Senza parlare di moduli, mi soffermo sulle caratteristiche, sia Origi che Sanches sono due calciatori con caratteristiche tecniche ed atletiche idonee al Milan di Pioli. Da soli non possono bastare, perdiamo un grande leader come Kessie e non può essere il portoghese per questo aspetto a sostituirlo, e li davanti non possiamo ignorare le mancanze qualitative avute sull'esterno e sottopunta.


----------



## Buciadignho (23 Maggio 2022)

Lineker10 ha scritto:


> Ragazzi lo dico da ieri... il prossimo anno giocheremo per vincerla la Champions...
> Non sarà facile e bisogna vedere il mercato, ma l'obiettivo sarà quello.
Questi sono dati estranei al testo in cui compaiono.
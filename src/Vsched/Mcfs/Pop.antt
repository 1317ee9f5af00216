-- ===== src/Vsched/Mcfs/Pop.antt =====
-- `__vsched_pop` of the scheduler with frames.
use mathlib.Core.Path.{subst}
use twan.Base.{
  ℕ, zero, suc, ℕ_discrete, ◌+◌, ◌<◌, ◌≡◌, ◌⊎◌, inl, inr, refl, ap, ◌∙◌, Bool, true, false, ◌&&◌,
  arith, ◌==◌, if◌then◌else◌, Bool-cases,
}
use twan.Vsched.Vcpu.{Vcpus}
use twan.Vsched.Mcfs.{
  Vscheduler, set_clock, is_ready, index_of, frame_at, is_high, pop_loop, vsched_pop,
}

module _ (num_frames : ℕ) (vcpus : Vcpus) (s : Vscheduler) where
  -- the frame of round `i` holds a ready processor, or one of at least the level
  abbrev pub ready_at : ℕ → Bool
  ready_at i = is_ready vcpus (frame_at num_frames vcpus s i)

  abbrev pub high_at : ℕ → Bool
  high_at i = ready_at i && is_high num_frames vcpus s (frame_at num_frames vcpus s i)

  -- the processor of round `i`, with the clock behind its frame
  abbrev pub taken_at : ℕ → ℕ × Vscheduler
  taken_at i = (frame_at num_frames vcpus s i, set_clock s (index_of num_frames s.clock i + 1))

  -- `i` is the first round below `n` that passes the test.
  pub record IsFirst (test : ℕ → Bool) (n i : ℕ) : Type 0 where
    pub below : i < n
    pub passes : test i ≡ true
    pub before : (j : ℕ) → j < i → test j ≡ false

  abbrev pub NoneOf : (ℕ → Bool) → ℕ → Type 0
  NoneOf test n = (j : ℕ) → j < n → test j ≡ false

  -- The three ways `__vsched_pop` ends, in the order of the frames from the clock on.
  pub data Picked : ℕ × Vscheduler → Type 0 where
    high : (i : ℕ) → IsFirst high_at num_frames i → Picked (taken_at i)
    low : (i : ℕ) → NoneOf high_at num_frames → IsFirst ready_at num_frames i → Picked (taken_at i)
    idle : NoneOf ready_at num_frames → Picked (0, s)

  -- what the two locals say before round `n`
  Firsts : (n first_idx first_vcpu : ℕ) → Type 0
  Firsts n first_idx first_vcpu =
      ((first_vcpu ≡ 0) × NoneOf ready_at n)
      ⊎ ((i : ℕ) × IsFirst ready_at n i
          × (first_idx ≡ index_of num_frames s.clock i)
          × (first_vcpu ≡ frame_at num_frames vcpus s i))

  later_none : (test : ℕ → Bool) (n : ℕ) → NoneOf test n → test n ≡ false → NoneOf test (suc n)
  later_none test n none fails j l = elim (ℕ_discrete j n) [
    | yes e ↦ ap test e ∙ fails
    | no ne ↦ none j (omega (arith, l, ne))
  ]

  -- A frame that passes is no NULL.
  some_frame : (i : ℕ) → ready_at i ≡ true → (frame_at num_frames vcpus s i == 0) ≡ false
  some_frame i h = ground (arith, h)

  loop_end :
      (first_idx first_vcpu : ℕ)
      → NoneOf high_at num_frames
      → Firsts num_frames first_idx first_vcpu
      → Picked (if first_vcpu == 0 then (0, s) else (first_vcpu, set_clock s (first_idx + 1)))
  unfolding Firsts
  loop_end first_idx first_vcpu none (inl (z, n)) = rw z (idle n)
  loop_end first_idx first_vcpu none (inr (i, first, idx, vcpu)) =
      rw (idx, vcpu, some_frame i first.passes) (low i none first)

  next-Firsts :
      (i first_idx first_vcpu : ℕ)
      → Firsts i first_idx first_vcpu
      → Firsts
          (suc i)
          (if ready_at i && first_vcpu == 0 then index_of num_frames s.clock i else first_idx)
          (if ready_at i && first_vcpu == 0 then frame_at num_frames vcpus s i else first_vcpu)
  unfolding Firsts
  next-Firsts i first_idx first_vcpu (inl (z, none)) = elim (Bool-cases (ready_at i)) [
    | inl e ↦
        rw (e, z) (inr (i, record { below = omega arith; passes = e; before = none }, refl, refl))
    | inr e ↦ rw e (inl (z, later_none ready_at i none e))
  ]
  next-Firsts i first_idx first_vcpu (inr (k, first, idx, vcpu)) =
      let kept : (first_vcpu == 0) ≡ false = ap (λ v. v == 0) vcpu ∙ some_frame k first.passes in
      let no_new : (ready_at i && first_vcpu == 0) ≡ false = ground (arith, kept) in
      rw no_new (
        inr (
          k,
          record {
            below = omega (arith, first.below);
            passes = first.passes;
            before = first.before;
          },
          idx,
          vcpu,
        ))

  pop_loop_lem :
      (rounds i first_idx first_vcpu : ℕ)
      → i + rounds ≡ num_frames
      → NoneOf high_at i
      → Firsts i first_idx first_vcpu
      → Picked (pop_loop num_frames vcpus s rounds i first_idx first_vcpu)
  unfolding pop_loop
  pop_loop_lem zero i first_idx first_vcpu e none firsts =
      let all : i ≡ num_frames = omega (arith, e) in
      loop_end first_idx first_vcpu (subst (NoneOf high_at) all none)
        (subst (λ (n : ℕ). Firsts n first_idx first_vcpu) all firsts)
  pop_loop_lem (suc rounds) i first_idx first_vcpu e none firsts = elim (Bool-cases (high_at i)) [
    | inl h ↦ rw h (high i (record { below = omega (arith, e); passes = h; before = none }))
    | inr h ↦ rw h (
        pop_loop_lem rounds (suc i) _ _ (omega (arith, e)) (later_none high_at i none h)
          (next-Firsts i first_idx first_vcpu firsts))
  ]

  -- `__vsched_pop` looks at each frame once, from the clock on, and takes the first ready processor whose
  -- criticality reaches the level; if there is none, the first ready one; and it returns NULL, with nothing
  -- changed, exactly if no frame holds a ready processor. The clock moves behind the frame that was taken.
  pub vsched_pop_lem : Picked (vsched_pop num_frames vcpus s)
  unfolding vsched_pop Firsts
  vsched_pop_lem =
      pop_loop_lem num_frames 0 0 0 (omega arith) (λ j l. absurd (omega (arith, l)))
        (inl (refl, λ j l. absurd (omega (arith, l))))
No eh, ora basta!! Sono già salito sul tuo carro alla decima giornata, ricredendomi alla grande, ma non mi farai mai salire su questo carro della Champions!! Non scherziamo dai 

Dai non puoi non dirmi che tra noi ed il City, o il Liverpool o lo stesso Chelsea (ad oggi senza il nostro mercato e con il loro effettivo) non ci siano almeno 4/5 livelli. A me è bastata la partita contro il Porto per capire che di strada da fare c’è ne eccome, e anche le recenti rumbe delle Italiane sono li a testimoniare il livello della Serie A.

No, no e no!!! Non salirò sul tuo carro ancora una volta


----------



## Lineker10 (23 Maggio 2022)

Buciadignho ha scritto:


> No eh, ora basta!! Sono già salito sul tuo carro alla decima giornata, ricredendomi alla grande, ma non mi farai mai salire su questo carro della Champions!! Non scherziamo dai
> 
> Dai non puoi non dirmi che tra noi ed il City, o il Liverpool o lo stesso Chelsea (ad oggi senza il nostro mercato e con il loro effettivo) non ci siano almeno 4/5 livelli. A me è bastata la partita contro il Porto per capire che di strada da fare c’è ne eccome, e anche le recenti rumbe delle Italiane sono li a testimoniare il livello della Serie A.
> 
> No, no e no!!! Non salirò sul tuo carro ancora una volta


Ahaha tranquillo sul carro sei sempre il benvenuto!
Ci sarà tempo e modo per parlarne, vediamo a fine mercato...


----------



## 7AlePato7 (23 Maggio 2022)

Rivera10 ha scritto:


> Nessuno di noi, credo, abbia mai detto il contrario. Il problema è capire che cosa.Maggiore forza propulsiva sulla sinistra? Che tipo di giocatore prendere? È li che dobbiamo intervenire prendendo un profilo quasi pronto. Visto che il nodo attacco è risolto con l' arrivo di Origi, dobbiamo concentrare le risorse su un giocatore che a destra faccia la differenza come Leao. Sarà interessante vedere giocare tatticamente la squadra di Pioli l' anno prossimo , specialmente in Europa.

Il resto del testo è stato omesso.